What the task requires:
Of all the lines in the entries below, give again exactly those starting at the line containing "transfers : Transfers" and ending at the line containing "e) a ≡ ops.mem w a)", both ends included, and no others.

[Saved entries]
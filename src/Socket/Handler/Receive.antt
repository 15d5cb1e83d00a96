-- ===== src/Socket/Handler/Receive.antt =====
-- What `socket_receive` hands on.
use lz_lib.Base.{ℕ, ◌≡◌, refl, Bool, none, some, List, ◌++◌, length, if◌then◌else◌, ◌==◌}
use lz_lib.Base.Int.{pos, negsuc}
use lz_lib.Socket.Vec.{range}
use lz_lib.Socket.Proto.{complete, cleared}
use lz_lib.Socket.Proto.Sound.{stored}
use lz_lib.Socket.Proto.Arrive.{Arrived, OnTheWay}
use lz_lib.Socket.Queue.{message_header}
use lz_lib.Socket.Handler.{Private, Ops, socket_receive}

module _ {World : Type 0} (ops : Ops World) (little : Bool) (fuel : ℕ) (in_flight : World → List ℕ)
    (interrupts : World → ℕ) where
  -- A message that is complete and of which the bytes behind it are the next message of the sender, on a connected
  -- transport: `socket_receive` returns 0 and gives the blocks that hold the two parts as they were sent and the length of
  -- the first, the transport stays connected and is at the start of the next message, and a second call gives -1 and
  -- changes nothing.
  pub socket_receive-OnTheWay :
      (p : Private) (w : World) (buf payload : List ℕ) (sender : Bool) (buf2 payload2 more : List ℕ)
      → p.connected ≡ 1
      → p.incoming.state ≡ complete
      → Arrived ops.proto in_flight interrupts buf payload
          (message_header sender (length buf2) (length payload2) ++ (buf2 ++ (payload2 ++ more)))
          p.incoming
          w
      → (hdr : ℕ) × (b : ℕ) × (p' : Private) × (socket_receive ops little fuel p
          ≡ (pos 0, some (hdr, length buf, if length payload == 0 then none else some b), p'))
        × (stored ops.proto in_flight interrupts w (range hdr (length buf)) ≡ buf)
        × (stored ops.proto in_flight interrupts w (range b (length payload)) ≡ payload)
        × (p'.connected ≡ 1)
        × OnTheWay ops.proto in_flight interrupts sender buf2 payload2 more p'.incoming w
        × (socket_receive ops little fuel p' ≡ (negsuc 0, none, p'))
  unfolding socket_receive
  socket_receive-OnTheWay p w buf payload sender buf2 payload2 more up done here = (
    p.incoming.hdr_p,
    p.incoming.buf_p,
    record p { incoming = cleared },
    rw (up, done, here.hdrlen, here.buffer) refl,
    here.header_data,
    here.buffer_data,
    up,
    (refl, here.behind),
    rw up refl,
  )
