-- ===== src/Socket/Proto/Whole.antt =====
-- A message that is all in flight is received in one call.
use lz_lib.Base.{
  ℕ, zero, suc, ◌+◌, ◌<◌, ◌≤◌, ◌≡◌, ◌≢◌, ◌⊎◌, inl, inr, refl, sym, ap, subst, ◌∙◌, Bool, false,
  some, List, [], ◌∷◌, ◌++◌, map, length, length-append, take, drop, ◌==◌, Run, ok, arith,
  Bool-cases,
}
use lz_lib.Base.Int.{ℤ, pos, negsuc, eqb_ℤ}
use lz_lib.ListHead.Seg.{NoDup}
use lz_lib.Socket.{Iov, Reply, moved, failed, eintr, Rwv, paused, after_call, socket_rwv, advance}
use lz_lib.Socket.Vec.{range, addresses, advance-addresses, length-range, Lively}
use lz_lib.Socket.Transfer.{Step, NoDup-drop, length-drop}
use lz_lib.Socket.Streams.{Reads}
use lz_lib.Socket.Proto.{
  Proto, nada, header_coming, header_came, data_coming, data_came, complete, proto_index, Incoming,
  Ops, validate_header, Turn, onward, leave, in_nada, header_read, data_read, in_header_coming,
  await_data, header_valid, in_header_came, in_data_coming, in_data_came, turn, after_turn,
  proto_loop, socket_proto_state_machine,
}
use lz_lib.Socket.Proto.Sound.{places, header_places, stored, Serves, Sound}
use lz_lib.Socket.Proto.Turns.{NoDup-range, append-parts, length-map, Zero, Turned}
use lz_lib.Socket.Proto.Receive.{turn-Turned, Proto-cases, index-le}
use lz_lib.Socket.Proto.Arrive.{Arrived, OnTheWay, socket_proto_state_machine-Arrived}
use lz_lib.Socket.Queue.{message_header}
use lz_lib.Socket.Queue.Message.{length-message_header, validate_header-message_header}

length-take : {A : Type 0} (n : ℕ) (xs : List A) → n ≤ length xs → length (take n xs) ≡ n
length-take zero xs h = refl
length-take (suc n) [] h = absurd (omega arith)
length-take (suc n) (x ∷ xs) h = ap suc (length-take n xs (omega arith))

ok_same : {A : Type 0} {x y : A} → ok x ≡ ok y → x ≡ y
ok_same e = cc e

nada_other : nada ≢ complete
nada_other e = cc e

nada_early : nada ≢ data_came
nada_early e = cc e
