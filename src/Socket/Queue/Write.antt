-- ===== src/Socket/Queue/Write.antt =====
-- What a try to write an entry of the queue does.
use lz_lib.Base.{
  everywhere, ℕ, zero, suc, ◌+◌, ◌<◌, ◌≤◌, ◌≡◌, ◌≢◌, ◌⊎◌, inl, inr, refl, sym, ap, ◌∙◌, Bool, true,
  Option, none, some, List, [], ◌∷◌, ◌++◌, All, map, length, take, drop, ok, arith, Bool-cases,
  Option-cases,
}
use mathlib.Core.List.{append_assoc, append-nil}
use lz_lib.Base.Int.{ℤ, pos, negsuc, eqb_ℤ}
use lz_lib.ListHead.Seg.{NoDup}
use lz_lib.Socket.{Iov, Rwv}
use lz_lib.Socket.Vec.{addresses}
use lz_lib.Socket.Transfer.{Transfers, Step, Ends, socket_rwv-Ends, all_moved}
use lz_lib.Socket.Streams.{Writes, Writes-Transfers, map-append, map_same}
use lz_lib.Socket.Proto.Turns.{eqb→eq, eqb→ne}
use lz_lib.Socket.Queue.{Entry, Ops, socket_ioq_entry_free, entry_written, socket_ioq_churn_entry}

take-drop : {A : Type 0} (n : ℕ) (xs : List A) → take n xs ++ drop n xs ≡ xs
take-drop zero xs = refl
take-drop (suc n) [] = refl
take-drop (suc n) (x ∷ xs) = ap (λ t. x ∷ t) (take-drop n xs)

count_cases : (z : ℤ) → ((n : ℕ) × (z ≡ negsuc n)) ⊎ ((n : ℕ) × (z ≡ pos n))
count_cases (pos n) = inr (n, refl)
count_cases (negsuc n) = inl (n, refl)

module _ {World : Type 0} (ops : Ops World) (sent : World → List ℕ) (interrupts : World → ℕ)
    (block : ℕ → List ℕ) where
  -- What the queue relies on: `writev` sends the bytes of its blocks in order and changes no memory; `free` changes no
  -- memory but the block that it frees, and giving a reference back changes none.
  pub record Sends : Type 0 where
    pub writev :
        (w : World) (vec : List Iov)
        → NoDup (addresses vec)
        → Step
            (Writes ops.mem sent)
            interrupts
            (addresses vec)
            w
            (ops.writev w vec).0
            (ops.writev w vec).1
    pub free :
        (w : World) (p : ℕ)
        → (sent (ops.free w p) ≡ sent w)
          × (interrupts (ops.free w p) ≤ interrupts w)
          × ((a : ℕ) → All (λ x. x ≢ a) (block p) → ops.mem (ops.free w p) a ≡ ops.mem w a)
    pub iobref_unref :
        (w : World) (b : ℕ)
        → (sent (ops.iobref_unref w b) ≡ sent w)
          × (interrupts (ops.iobref_unref w b) ≤ interrupts w)
          × ((a : ℕ) → ops.mem (ops.iobref_unref w b) a ≡ ops.mem w a)
    pub select_out :
        (w : World) (on : Bool)
        → (sent (ops.select_out w on) ≡ sent w)
          × ((a : ℕ) → ops.mem (ops.select_out w on) a ≡ ops.mem w a)

  abbrev pub bytes : World → Entry → List ℕ
  bytes w e = map (ops.mem w) (addresses e.pending_vector)

  -- The bytes that wait, in the order of the queue.
  abbrev pub queued : World → List Entry → List ℕ
  queued w [] = []
  queued w (e ∷ es) = bytes w e ++ queued w es

  abbrev pub Outside : Entry → Entry → Type 0
  Outside e f =
      All (λ a. All (λ x. x ≢ a) (block e.buf) × All (λ x. x ≢ a) (block e.id))
        (addresses f.pending_vector)

  -- Each entry covers no address twice, and what is freed with an entry is not used by those behind it.
  abbrev pub Separate : List Entry → Type 0
  Separate [] = Unit
  Separate (e ∷ es) = NoDup (addresses e.pending_vector) × All (λ f. Outside e f) es × Separate es

  -- What a try to write an entry gives.
  abbrev pub Tried : Entry → World → ℤ × Option Entry × World → Type 0
  Tried e w (ret, none, w') =
      (ret ≡ pos 0)
      × (sent w' ≡ sent w ++ bytes w e)
      × ((a : ℕ)
          → All (λ x. x ≢ a) (block e.buf)
          → All (λ x. x ≢ a) (block e.id)
          → ops.mem w' a ≡ ops.mem w a)
      × (interrupts w' ≤ interrupts w)
  Tried e w (ret, some e', w') =
      (ret ≢ pos 0)
      × (sent w' ++ bytes w' e' ≡ sent w ++ bytes w e)
      × ((a : ℕ) → ops.mem w' a ≡ ops.mem w a)
      × ((c : ℕ) × (addresses e'.pending_vector ≡ drop c (addresses e.pending_vector)))
      × (e'.buf ≡ e.buf)
      × (e'.id ≡ e.id)

  module _ (law : Sends) (little : Bool) (fuel : ℕ) where
    transfers : Transfers (Writes ops.mem sent) interrupts ops.writev
    transfers = Writes-Transfers ops.mem sent interrupts ops.writev law.writev

    entry_free-kept :
        (w : World) (e : Entry)
        → (sent (socket_ioq_entry_free ops little fuel w e) ≡ sent w)
          × ((a : ℕ)
              → All (λ x. x ≢ a) (block e.buf)
              → All (λ x. x ≢ a) (block e.id)
              → ops.mem (socket_ioq_entry_free ops little fuel w e) a ≡ ops.mem w a)
          × (interrupts (socket_ioq_entry_free ops little fuel w e) ≤ interrupts w)
    unfolding socket_ioq_entry_free
    entry_free-kept w e = elim (Option-cases e.iobref) [
      | inl n ↦
          let one = law.free w e.buf in
          let two = law.free (ops.free w e.buf) e.id in
          rw n (two.0 ∙ one.0, (λ a h k. two.2 a k ∙ one.2 a h), omega (arith, one.1, two.1))
      | inr (b, n) ↦
          let first = law.iobref_unref w b in
          let one = law.free (ops.iobref_unref w b) e.buf in
          let two = law.free (ops.free (ops.iobref_unref w b) e.buf) e.id in
          rw n (
            two.0 ∙ one.0 ∙ first.0,
            (λ a h k. two.2 a k ∙ one.2 a h ∙ first.2 a),
            omega (arith, first.1, one.1, two.1),
          )
    ]

    entry_written-Tried :
        (e : Entry) (w : World) (r : Rwv World)
        → Ends (Writes ops.mem sent) interrupts e.pending_vector w r
        → Tried e w (entry_written ops little fuel e r)
    unfolding entry_written
    entry_written-Tried e w r ends =
        let xs = addresses e.pending_vector in
        let c = ends.count in
        let same =
          map_same (ops.mem r.world) (ops.mem w) (drop c xs)
            (everywhere (λ a. ends.moves.frame a) (drop c xs)) in
        let all : sent r.world ++ map (ops.mem r.world) (addresses r.pending)
            ≡ sent w ++ map (ops.mem w) xs =
          ap (λ t. sent r.world ++ map (ops.mem r.world) t) ends.left
          ∙ ap (λ t. sent r.world ++ t) same
          ∙ ap (λ t. t ++ map (ops.mem w) (drop c xs)) ends.moves.given
          ∙ append_assoc (sent w) (map (ops.mem w) (take c xs)) (map (ops.mem w) (drop c xs))
          ∙ ap (λ t. sent w ++ t)
              (sym (map-append (ops.mem w) (take c xs) (drop c xs))
                ∙ ap (map (ops.mem w)) (take-drop c xs)) in
        elim (Bool-cases (eqb_ℤ r.ret (pos 0))) [
          | inl z ↦
              let zero : r.ret ≡ pos 0 = eqb→eq r.ret (pos 0) z in
              let e' = record e { pending_vector = r.pending; pending_count = r.ret } in
              let (kept, frame, calm) = entry_free-kept r.world e' in
              let none_left : addresses r.pending ≡ [] =
                all_moved r.pending r.ret ends.value zero in
              rw z (
                zero,
                kept
                    ∙ sym (append-nil (sent r.world))
                    ∙ ap (λ t. sent r.world ++ map (ops.mem r.world) t) (sym none_left)
                    ∙ all,
                (λ a h k. frame a h k ∙ ends.moves.frame a),
                omega (arith, calm, ends.calm),
              )
          | inr z ↦
              rw z
                (eqb→ne r.ret (pos 0) z, all, (λ a. ends.moves.frame a), (c, ends.left), refl, refl)
        ]

    pub socket_ioq_churn_entry-Tried :
        (w : World) (e : Entry)
        → NoDup (addresses e.pending_vector)
        → length (addresses e.pending_vector) + interrupts w < fuel
        → (r : ℤ × Option Entry × World) × (socket_ioq_churn_entry ops little fuel w e ≡ ok r)
          × Tried e w r
    unfolding socket_ioq_churn_entry
    socket_ioq_churn_entry-Tried w e d b = elim (count_cases e.pending_count) [
      | inl (n, z) ↦ (
        (negsuc 0, some e, w),
        rw z refl,
        (eqb→ne (negsuc 0) (pos 0) refl, refl, (λ a. refl), (0, refl), refl, refl),
      )
      | inr (n, z) ↦
          let (r, run, ends) =
            socket_rwv-Ends (Writes ops.mem sent) interrupts ops.writev transfers fuel true
              e.pending_vector w d b in
          (entry_written ops little fuel e r, rw (z, run) refl, entry_written-Tried e w r ends)
    ]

Exercise answer:
    transfers : Transfers (Writes ops.mem sent) interrupts ops.writev
    transfers = Writes-Transfers ops.mem sent interrupts ops.writev law.writev

    entry_free-kept :
        (w : World) (e : Entry)
        → (sent (socket_ioq_entry_free ops little fuel w e) ≡ sent w)
          × ((a : ℕ)
              → All (λ x. x ≢ a) (block e.buf)
              → All (λ x. x ≢ a) (block e.id)
              → ops.mem (socket_ioq_entry_free ops little fuel w e) a ≡ ops.mem w a)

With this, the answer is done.